In April of the following year, Felicia travels to Venezuela and reunites with Holly, who is disguised as a hotel maid. The two dress up and enter an auction, where auctioneers bid on who gets to end the life of Ethan (James Ryan). Holly and Felicia initially make the bid to save Ethan's life, but are outbid by a woman in white, who is revealed to be Tracy Quartermaine (Jane Elliot), who did a better job of trying to save Ethan's life. Although the auctioneers plan to have them killed, they ultimately escape. On a plane ride back to Port Charles, Holly and Ethan have a heart-to-heart and Ethan reveals that he can't stay in Port Charles since some bad people are after him so he's going back to Australia to settle things once and for all. Although Holly is worried about Ethan, she accepts his decision and before they part ways, Ethan passes along some information to help take down Victor.

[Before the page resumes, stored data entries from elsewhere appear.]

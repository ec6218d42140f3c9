-- ===== src/Ledger/Unbacked.antt =====
-- The part of `handle_place_bid` after `sem_wait` (server/bid_handler.c), when the bidder's money was
-- frozen elsewhere after the check before it.
use online_auction_system.Base.{ℕ, ◌≡◌, refl, some, true, false, arith, ◌∙◌, ap}
use online_auction_system.Base.Money.{ℤ, ◌-ℤ◌, ◌<ℤ◌, ltb_ℤ, leb_ℤ}
use online_auction_system.Models.{User, Auction, zero_auction}
use online_auction_system.Store.{slot_of, replaced}
use online_auction_system.Store.Laws.{write_back}
use online_auction_system.World.{World}
use online_auction_system.World.FileIo.{read_user, read_auction, write_auction}
use online_auction_system.Wallet.{place_hold}
use online_auction_system.BidHandler.{
  is_open, PlaceBidPayload, move_holds, with_bid, place_bid_locked,
}
use online_auction_system.Ledger.{auction_key, AuctionsReady}
use online_auction_system.Ledger.Bid.{accept_bid-files}

place_hold_short :
    (k : ℕ) (a : ℤ) (w : World) {u : User}
    → read_user k w ≡ some u
    → u.wallet_balance -ℤ u.wallet_hold <ℤ a
    → (place_hold k a w).0 ≡ w
unfolding place_hold
place_hold_short k a w {u} known short =
    let s : ltb_ℤ (u.wallet_balance -ℤ u.wallet_hold) a ≡ true = ground arith in
    rw (known, place_hold, s) refl

move_holds_short :
    (req : PlaceBidPayload) (bidder : User) (a : Auction) (w : World) {u : User}
    → a.highest_bidder_id ≡ 0
    → read_user bidder.user_id w ≡ some u
    → u.wallet_balance -ℤ u.wallet_hold <ℤ req.amount
    → move_holds req bidder a w ≡ w
unfolding move_holds
move_holds_short req bidder a w first known short =
    rw (first, move_holds) (place_hold_short bidder.user_id req.amount w known short)

-- If, under the semaphore, the auction is open, has no bid yet and costs less than the bid, the bid
-- is accepted even when the bidder's free money does not cover it: the auction gets the bid and the
-- bidder, and no wallet changes.
pub place_bid_locked_unbacked :
    (fd : ℤ) (req : PlaceBidPayload) (bidder : User) {w : World} {a : Auction} {u : User}
    → AuctionsReady w
    → read_auction req.auction_id w ≡ some a
    → is_open a.status ≡ true
    → a.highest_bidder_id ≡ 0
    → a.current_bid <ℤ req.amount
    → read_user bidder.user_id w ≡ some u
    → u.wallet_balance -ℤ u.wallet_hold <ℤ req.amount
    → let w' = place_bid_locked fd req bidder w in
      (w'.users ≡ w.users)
      × (w'.auctions ≡ replaced w.auctions (slot_of req.auction_id) (with_bid req bidder a))
unfolding place_bid_locked
place_bid_locked_unbacked fd req bidder {w} {a} ready found opened first beats known short =
    let high : leb_ℤ req.amount a.current_bid ≡ false = ground arith in
    let still = move_holds_short req bidder a w first known short in
    let files = accept_bid-files fd req bidder a w in
    let wrote =
      write_back auction_key zero_auction w.auctions (slot_of req.auction_id)
        (with_bid req bidder a) {old = a} ready.keyed found refl ready.writable in
    rw (found, opened, high, place_bid_locked)
      (
        files.0 ∙ ap (λ v. v.users) still,
        files.1
            ∙ ap (λ v. (write_auction (with_bid req bidder a) v).0.auctions) still
            ∙ ap (λ r. r.0) wrote,
      )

Once Felicia and Holly return to Port Charles, Robert is surprised to see Holly back in town and learns that Ethan was rescued. They go to the hospital to see Anna, who was shot by Victor before having her name cleared, and Holly apologizes to Anna for framing her for a murder that never happened. Anna forgives Holly before talk turned to Victor's biggest plan, which involved biological warfare. Realizing that Victor plans to unleash a pathogen to eliminate 80% of the world's population, they decide to travel to Greenland to stop him, especially when the WSB called in a drone strike to eliminate Victor thanks to Scott Baldwin (Kin Shriner). Robert wants to join them, but Anna and Holly tell him to stay. The two then join Laura, Curtis Ashford (Donnell Turner), Valentin Cassadine (James Patrick Stuart), and Drew Cain (Cameron Mathison) in stopping Victor once and for all and rescuing Liesl Obrecht (Kathleen Gati), Spencer Cassadine (Nicholas Chavez), and his half-brother, Ace Prince-Cassadine before the drone strike hits. They succeed and the drone strike kills Victor, so once they return to Port Charles, Holly tries to rekindle a relationship with Robert, who's currently interested in Diane Miller (Carolyn Hennesy), but realizes that she and Robert are in different places. After Robert and Holly say goodbye again, she returns to Australia to help Ethan settle his debts.

In October 2024, Holly again returns to Port Charles and showed up at the Quartermaine Mansion. When Sasha Corbin (Sofia Mattsson) answers the door, she refers to Holly as "mother". Holly begs her Sasha to end her relationship with Cody Bell (Josh Kelly), revealing him as her cousin, as Robert is her father.

==Reception==
In 2023, Charlie Mason from Soaps She Knows placed Holly at #23 on his ranked list of General Hospital’s 40+ Greatest Characters of All Time, commenting, "Rumors of the “reformed” con artist’s death were, thankfully, greatly exaggerated. What has never been overstated, however — and perhaps can’t be — is that she is as crafty as she is beautiful."